Warum sich zwei HEPA-Filter im Preis stark unterscheiden können
Preisvergleiche auf Grundlage einer Beschreibung wie "610 x 610 x 292 HEPA-Filter" sind meist irreführend. Diese Angabe nennt nur die Außenmaße. Sie sagt nichts über die Abscheideklasse, die Medienfläche, das Rahmenmaterial, die Dichtungsart oder darüber, ob der Filter einzeln geprüft wurde. Jeder dieser Punkte beeinflusst sowohl die Herstellkosten als auch das Verhalten des Filters im Betrieb.
Ein sinnvoller Vergleich beginnt damit, den Filter nicht als Kasten zu betrachten, sondern als Bauteil, das bei einem definierten Volumenstrom einen definierten Abscheidegrad mit einem definierten Druckverlust liefert.
1. Filterklasse: H13, H14 und höher
Nach EN 1822 sind H13 und H14 die HEPA-Klassen. H13-Filter erreichen bei MPPS (der durchdringungsfähigsten Partikelgröße) mindestens 99,95% Gesamtabscheidegrad, H14-Filter mindestens 99,995%. Auf dem Papier wirkt der Unterschied gering, bezogen auf die durchdringenden Partikel ist es jedoch der Faktor zehn.

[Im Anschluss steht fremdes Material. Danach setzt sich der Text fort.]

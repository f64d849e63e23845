-- ===== src/Uart/Reading.antt =====
-- What the reads of the register protocol return: the octets that come by the port, in their order.
use grove_lo_ra_433mhz_and.Prelude.{
  ℕ, zero, suc, ◌*◌, ◌≤◌, ◌<◌, ◌≡◌, refl, sym, ◌∙◌, ◌⊎◌, inl, inr, List, [], ◌∷◌, ◌++◌, length,
  take, drop, arith, bit_and, Bool-cases, false, sub32, ltb, leb, ◌==◌, u8, if◌then◌else◌,
}
use mathlib.Core.List.{append_assoc, append-nil}
use grove_lo_ra_433mhz_and.Prelude.{length-take}
use grove_lo_ra_433mhz_and.Prelude.Commands.{Run, Cmd, pure, done}
use grove_lo_ra_433mhz_and.Uart.{Arduino, rx_loop, burst_read, default_timeout}
use grove_lo_ra_433mhz_and.Uart.Timing.{
  at_least_one, Clock, Reads, reads, rx_rounds, burst_read-Reads,
}

-- The port after a read frame was written to it.
abbrev pub request : {W : Type 0} → Arduino W → (reg len : ℕ) → W → W
request a reg len w = a.serial_write len (a.serial_write (bit_and reg 0x7f) (a.serial_write b'R' w))

-- The octets that are still to come by the port, in their order. Where `available` counts any, `read`
-- drained the first of them.
pub record Inbox {W : Type 0} (a : Arduino W) : Type 0 where
  pub coming : W → List ℕ
  pub available_coming :
      (w : W)
      → ((a.serial_available w).0 ≡ 0) × (coming (a.serial_available w).1 ≡ coming w)
        ⊎ ((b : ℕ) × (rest : List ℕ) × (0 < (a.serial_available w).0)
            × (coming w ≡ b ∷ rest)
            × (b < 256)
            × ((a.serial_read (a.serial_available w).1).0 ≡ b)
            × (coming (a.serial_read (a.serial_available w).1).1 ≡ rest))
  pub millis_coming : (w : W) → coming (a.millis w).1 ≡ coming w

module _ {W : Type 0} {a : Arduino W} (i : Inbox a) where
  open i use {coming, available_coming, millis_coming}

  -- A run that has `received` and returns with the first octets to come behind it: the others are still to
  -- come.
  pub data Drains (received to_come : List ℕ) : Run W (List ℕ) → Type 0 where
    drained :
        {octets : List ℕ} {w : W} (k : ℕ)
        → octets ≡ received ++ take k to_come
        → coming w ≡ drop k to_come
        → k ≤ length to_come
        → Drains received to_come (done octets w)
    no_end : Drains received to_come Run.out_of_fuel

  one_more :
      {received to_come rest : List ℕ} {b : ℕ} {r : Run W (List ℕ)}
      → to_come ≡ b ∷ rest
      → Drains (received ++ b ∷ []) rest r
      → Drains received to_come r
  one_more {received} {rest} {b} e (drained k o c l) =
      rw e (drained (suc k) (o ∙ append_assoc received (b ∷ []) (take k rest)) c (omega arith))
  one_more e no_end = no_end

  check-Drains :
      (start : ℕ) (received to_come : List ℕ) (v : W) (next : Cmd W (List ℕ))
      → coming v ≡ to_come
      → Drains received to_come (next (a.millis v).1)
      → Drains received to_come (
          (if ltb (1000 * default_timeout) (sub32 (a.millis v).0 start)
              then pure received
              else next)
            (a.millis v).1)
  check-Drains start received to_come v next e h =
      elim (Bool-cases (ltb (1000 * default_timeout) (sub32 (a.millis v).0 start))) [
        | inl over ↦
            rw over (drained 0 (sym (append-nil received)) (millis_coming v ∙ e) (omega arith))
        | inr more ↦ rw more h
      ]

  rx_loop-Drains :
      (fuel len start : ℕ) (received : List ℕ) (w : W) (to_come : List ℕ)
      → coming w ≡ to_come
      → Drains received to_come (rx_loop a fuel len start received w)
  unfolding rx_loop
  rx_loop-Drains zero len start received w to_come e = no_end
  rx_loop-Drains (suc fuel) len start received w to_come e = elim (available_coming w) [
    | inl (z, c) ↦ rw z (
        let v = (a.serial_available w).1 in
        check-Drains start received to_come v _ (c ∙ e)
          (rx_loop-Drains fuel len start received (a.millis v).1 to_come (millis_coming v ∙ c ∙ e)))
    | inr (b, rest, p, c, l, q, c') ↦
        let t : ((a.serial_available w).0 == 0) ≡ false = ground arith in
        let u : u8 b ≡ b = omega arith in
        let w' = (a.serial_read (a.serial_available w).1).1 in
        let received' = received ++ b ∷ [] in
        let stop : Drains received' rest (done received' w') =
          drained 0 (sym (append-nil received')) c' (omega arith) in
        rw (t, q, u)
          (one_more (sym e ∙ c) (elim (Bool-cases (leb len (length received'))) [
            | inl full ↦ rw full stop
            | inr more ↦ rw more (
                check-Drains start received' rest w' _ c' (
                  rx_loop-Drains fuel len start received' (a.millis w').1 rest
                    (millis_coming w' ∙ c')))
          ]))
  ]

  burst_read-Drains :
      (fuel reg len : ℕ) (w : W)
      → Drains [] (coming (request a reg len w)) (burst_read a fuel reg len w)
  unfolding burst_read
  burst_read-Drains fuel reg len w = rx_loop-Drains fuel len _ [] _ _ (millis_coming _)

  at_most : (len n : ℕ) → 0 < len → n ≤ at_least_one len → n ≤ len
  at_most zero n p h = absurd (omega arith)
  at_most (suc len) n p h = h

  -- With enough rounds, a clock, and at least one octet asked for, a burst read returns, and what it
  -- returns is the beginning of what comes by the port after the request, up to the octets asked for.
  pub burst_read_result :
      (c : Clock a) (fuel reg len : ℕ) (w : W)
      → rx_rounds ≤ fuel
      → 0 < len
      → (octets : List ℕ) × (w' : W) × (burst_read a fuel reg len w ≡ done octets w')
        × (length octets ≤ len)
        × (octets ≡ take (length octets) (coming (request a reg len w)))
  burst_read_result c fuel reg len w p q =
      go (burst_read a fuel reg len w) refl (burst_read-Reads c fuel reg len w p)
        (burst_read-Drains fuel reg len w)
    where
      go :
          (r : Run W (List ℕ))
          → burst_read a fuel reg len w ≡ r
          → {n m : ℕ} → Reads c (at_least_one len) n m r
          → Drains [] (coming (request a reg len w)) r
          → (octets : List ℕ) × (w' : W) × (burst_read a fuel reg len w ≡ done octets w')
            × (length octets ≤ len)
            × (octets ≡ take (length octets) (coming (request a reg len w)))
      go (done octets w') e (reads m _ _) (drained k o _ l) = (
        octets,
        w',
        e,
        at_most len (length octets) q m,
        (let n : length octets ≡ k =
              ground (arith, o, length-take k (coming (request a reg len w))) in
            rw n o),
      )
      go Run.fault e h _ = elim h [ ]
      go Run.out_of_fuel e h _ = elim h [ ]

Eine höhere Klasse erfordert mehr Medienfläche, um denselben Druckverlust zu halten, sowie engere Fertigungstoleranzen. Ein H14-Filter ist daher deutlich teurer als ein H13 gleicher Abmessung. Beim Übergang zu U15 und den ULPA-Klassen vergrößert sich der Abstand weiter.
Der häufigste Kostenfehler an dieser Stelle ist die Wahl einer höheren Klasse als erforderlich. Um die Klasse am tatsächlichen Bedarf auszurichten, lesen Sie unseren Beitrag zu den Unterschieden zwischen H13- und H14-HEPA-Filtern.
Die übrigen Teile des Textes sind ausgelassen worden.